----- Data extracts -----

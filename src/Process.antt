-- ===== src/Process.antt =====
-- cmd/agentlayer: what the process reads of its environment variables, its readiness and its worker.
pub mod Settings
pub mod Readiness
pub mod RetryWorker
pub mod Checked
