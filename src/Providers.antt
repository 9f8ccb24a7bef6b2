-- ===== src/Providers.antt =====
-- internal/providers: the development provider and that of Amazon SES, whose client is a parameter.
use agent_layer.Prelude.{
  String, Bool, Option, none, some, List, [], ◌∷◌, ◌==◌, str_append, if◌then◌else◌,
}
use agent_layer.Prelude.Exec.{Exec, Error, Result, ok, err, failure, pure, fail, ◌>>=◌}
use agent_layer.Domain.{Time, Bytes}
use agent_layer.Core.{OutboundSendRequest, SendResult}
use agent_layer.Inbound.Receipt.{is_empty}
use agent_layer.Process.Readiness.{ProviderHealth, HealthChecker}

-- core.DeliveryStatus
pub record DeliveryStatus : Type 0 where
  pub provider_message_id : String
  pub state : String
  pub updated_at : Time

pub record EmailProvider (S : Type 0) : Type 0 where
  pub send : OutboundSendRequest → Exec S SendResult
  pub get_delivery_status : String → Exec S DeliveryStatus
  pub health_check : HealthChecker S

-- sesv2.SendEmailInput, as far as Send fills it.
pub record SendEmailInput : Type 0 where
  pub from_email_address : String
  pub to_addresses : List String
  pub raw : Bytes

-- The client: SendEmail answers the message's id, if it has one.
pub record SesClient (S : Type 0) : Type 0 where
  pub send_email : SendEmailInput → Exec S (Option String)
  pub get_account : Exec S (Unit {0})

abbrev pub or_empty : Option String → String
or_empty none = ""
or_empty (some s) = s

module _ {S : Type 0} (clock : S → Time × S) where
  -- p.now().UTC()
  abbrev pub now : Exec S Time
  now s = let (t, s') = clock s in (ok t, s')

  -- GetDeliveryStatus of both providers.
  unfoldable pub accepted_status : String → Exec S DeliveryStatus
  accepted_status provider_message_id = do
    at ← now
    pure (record { provider_message_id = provider_message_id; state = "accepted"; updated_at = at })

  -- randomID, from eight bytes in hexadecimal, or none if they could not be read.
  unfoldable pub random_id : Option String → String
  random_id none = "generated"
  random_id (some hex) = hex

  module _ (random_hex : Exec S (Option String)) where
    unfoldable pub dev_send : OutboundSendRequest → Exec S SendResult
    unfolding random_id
    dev_send request = do
      hex ← random_hex
      at ← now
      pure (record { provider_message_id = str_append "dev-" (random_id hex); accepted_at = at })

    unfoldable pub dev_health_check : HealthChecker S
    dev_health_check s =
        let (t, s') = clock s in
        (
          (
            record {
              provider_name = "dev";
              healthy = Bool.true;
              checked_at = t;
              details = "local development provider";
            },
            none,
          ),
          s',
        )

    -- dev.NewEmailProvider
    unfoldable pub dev_email_provider : EmailProvider S
    unfolding dev_send accepted_status dev_health_check
    dev_email_provider = record {
      send = dev_send;
      get_delivery_status = accepted_status;
      health_check = dev_health_check;
    }

  module _ (client : SesClient S) (region : String) (text : Error → String) where
    unfoldable pub ses_send : OutboundSendRequest → Exec S SendResult
    ses_send request =
        if is_empty request.raw_mime
        then fail (failure "raw mime is required")
        else if request.inbox.email_address == ""
        then fail (failure "inbox email address is required")
        else if request.contact.email_address == ""
        then fail (failure "contact email address is required")
        else client.send_email (record {
          from_email_address = request.inbox.email_address;
          to_addresses = request.contact.email_address ∷ [];
          raw = request.raw_mime;
        })
          >>= λ output. now >>= λ at.
              pure (record { provider_message_id = or_empty output; accepted_at = at })

    abbrev pub account_health : Result (Unit {0}) → Time → ProviderHealth × Option Error
    account_health (err e) t = (
      record { provider_name = "ses"; healthy = Bool.false; checked_at = t; details = text e },
      some e,
    )
    account_health (ok u) t = (
      record {
        provider_name = "ses";
        healthy = Bool.true;
        checked_at = t;
        details = str_append "region=" region;
      },
      none,
    )

    unfoldable pub ses_health_check : HealthChecker S
    ses_health_check s =
        let (r, s₁) = client.get_account s in let (t, s₂) = clock s₁ in (account_health r t, s₂)

    -- ses.NewEmailProvider, once its client is there.
    unfoldable pub ses_email_provider : EmailProvider S
    unfolding ses_send accepted_status ses_health_check
    ses_email_provider = record {
      send = ses_send;
      get_delivery_status = accepted_status;
      health_check = ses_health_check;
    }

-----

- [What the task asks] Output should match, line for line, the stretch of the material above from the line holding "pub send : OutboundSendRequest" through the line holding "random_id (some hex) = hex".

- [Exercise result]
  pub send : OutboundSendRequest → Exec S SendResult
  pub get_delivery_status : String → Exec S DeliveryStatus
  pub health_check : HealthChecker S

-- sesv2.SendEmailInput, as far as Send fills it.
pub record SendEmailInput : Type 0 where
  pub from_email_address : String
  pub to_addresses : List String
  pub raw : Bytes

-- The client: SendEmail answers the message's id, if it has one.
pub record SesClient (S : Type 0) : Type 0 where
  pub send_email : SendEmailInput → Exec S (Option String)
  pub get_account : Exec S (Unit {0})

abbrev pub or_empty : Option String → String
or_empty none = ""
or_empty (some s) = s

module _ {S : Type 0} (clock : S → Time × S) where
  -- p.now().UTC()
  abbrev pub now : Exec S Time
  now s = let (t, s') = clock s in (ok t, s')

  -- GetDeliveryStatus of both providers.
  unfoldable pub accepted_status : String → Exec S DeliveryStatus
  accepted_status provider_message_id = do
    at ← now
    pure (record { provider_message_id = provider_message_id; state = "accepted"; updated_at = at })

  -- randomID, from eight bytes in hexadecimal, or none if they could not be read.
  unfoldable pub random_id : Option String → String
  random_id none = "generated"
  random_id (some hex) = hex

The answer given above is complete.